[Exercise objective]: Find how many lines of the following entries contain "iter". Reply with the number alone.

[Data provided]:
-- ===== src/Signalling/Models.antt =====
-- signalling/src/core/entities/models.rs, the responses and the errors that are made of them. A time
-- is its number.
use waterbus_rs.Base.{
  ℕ, String, Option, List, Bool, ◌==◌, ◌&&◌, any, if◌then◌else◌, [], ◌∷◌, none, some,
}

pub record Room : Type 0 where
  pub id : ℕ
  pub title : String
  pub password : Option String
  pub avatar : Option String
  pub status : ℕ
  pub latest_message_created_at : Option ℕ
  pub code : String
  pub created_at : ℕ
  pub updated_at : ℕ
  pub deleted_at : Option ℕ
  pub latest_message_id : Option ℕ
  pub type_ : ℕ

pub record Member : Type 0 where
  pub id : ℕ
  pub role : ℕ
  pub created_at : ℕ
  pub deleted_at : Option ℕ
  pub soft_deleted_at : Option ℕ
  pub user_id : ℕ
  pub room_id : ℕ

pub record Message : Type 0 where
  pub id : ℕ
  pub data_ : String
  pub created_at : ℕ
  pub updated_at : ℕ
  pub deleted_at : Option ℕ
  pub created_by_id : ℕ
  pub room_id : ℕ
  pub type_ : ℕ
  pub status : ℕ

pub record Participant : Type 0 where
  pub id : ℕ
  pub created_at : ℕ
  pub deleted_at : Option ℕ
  pub user_id : ℕ
  pub room_id : ℕ
  pub status : ℕ
  pub node_id : Option String

pub record User : Type 0 where
  pub id : ℕ
  pub full_name : Option String
  pub user_name : String
  pub bio : Option String
  pub external_id : String
  pub avatar : Option String
  pub created_at : ℕ
  pub updated_at : ℕ
  pub deleted_at : Option ℕ
  pub last_seen_at : Option ℕ

pub record NewUser : Type 0 where
  pub full_name : Option String
  pub user_name : String
  pub bio : Option String
  pub external_id : String
  pub avatar : Option String
  pub created_at : ℕ
  pub updated_at : ℕ

pub record NewMessage : Type 0 where
  pub data_ : String
  pub created_by_id : ℕ
  pub room_id : ℕ
  pub status : ℕ
  pub type_ : ℕ
  pub created_at : ℕ
  pub updated_at : ℕ

pub record NewRoom : Type 0 where
  pub title : String
  pub password : String
  pub code : String
  pub created_at : ℕ
  pub updated_at : ℕ
  pub latest_message_created_at : ℕ
  pub status : ℕ
  pub type_ : ℕ

pub record NewMember : Type 0 where
  pub room_id : ℕ
  pub created_at : ℕ
  pub user_id : ℕ
  pub role : ℕ

pub record NewParticipant : Type 0 where
  pub room_id : ℕ
  pub user_id : ℕ
  pub created_at : ℕ
  pub status : ℕ

-- The numbers of `MembersRoleEnum`.
abbrev pub owner : ℕ
owner = 0

abbrev pub attendee : ℕ
attendee = 1

-- The numbers of `RoomStatusEnum`, `ParticipantsStatusEnum` and `MessagesStatusEnum`.
abbrev pub active : ℕ
active = 0

abbrev pub inactive : ℕ
inactive = 1

-- `RoomStatusEnum::try_from`, and the default of its caller.
unfoldable pub room_status_or_active : ℕ → ℕ
room_status_or_active n = if n == 1 then inactive else active

pub record MemberResponse : Type 0 where
  pub member : Member
  pub user : Option User

pub record ParticipantResponse : Type 0 where
  pub participant : Participant
  pub user : Option User

pub record MessageResponse : Type 0 where
  pub message : Message
  pub created_by : Option User
  pub room : Option Room

pub record RoomResponse : Type 0 where
  pub room : Room
  pub members : List MemberResponse
  pub participants : List ParticipantResponse
  pub latest_message : Option MessageResponse

pub data GeneralError : Type 0 where
  db_connection_error : GeneralError

pub data RoomError : Type 0 where
  room_not_found : ℕ → RoomError
  room_code_not_found : String → RoomError
  room_exists : ℕ → RoomError
  owner_cannot_leave_room : RoomError
  you_dont_have_permissions : RoomError
  password_incorrect : RoomError
  unexpected_error : String → RoomError
  general : GeneralError → RoomError

pub data UserError : Type 0 where
  user_not_found : ℕ → UserError
  user_name_not_found : String → UserError
  user_exists : ℕ → UserError
  user_unexpected_error : String → UserError
  user_general : GeneralError → UserError

pub data AuthError : Type 0 where
  invalid_api_key : AuthError
  invalid_token : AuthError
  auth_user_exists : ℕ → AuthError
  auth_user_not_found : ℕ → AuthError
  auth_unexpected_error : String → AuthError
  auth_general : GeneralError → AuthError

pub data ChatError : Type 0 where
  message_not_found : ℕ → ChatError
  member_not_found : ℕ → ChatError
  forbidden : String → ChatError
  conversation_not_found : ℕ → ChatError
  chat_unexpected_error : String → ChatError
  chat_general : GeneralError → ChatError

-- `members.iter().any`
unfoldable pub is_member : ℕ → List MemberResponse → Bool
is_member user_id members = any (λ m. m.member.user_id == user_id) members

unfoldable pub is_host : ℕ → List MemberResponse → Bool
is_host user_id members = any (λ m. m.member.user_id == user_id && m.member.role == owner) members

-- `members.iter().position`, and the member there.
unfoldable pub member_of : ℕ → List MemberResponse → Option Member
member_of user_id [] = none
member_of user_id (m ∷ ms) =
    if m.member.user_id == user_id then some m.member else member_of user_id ms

[Problem solution]: 2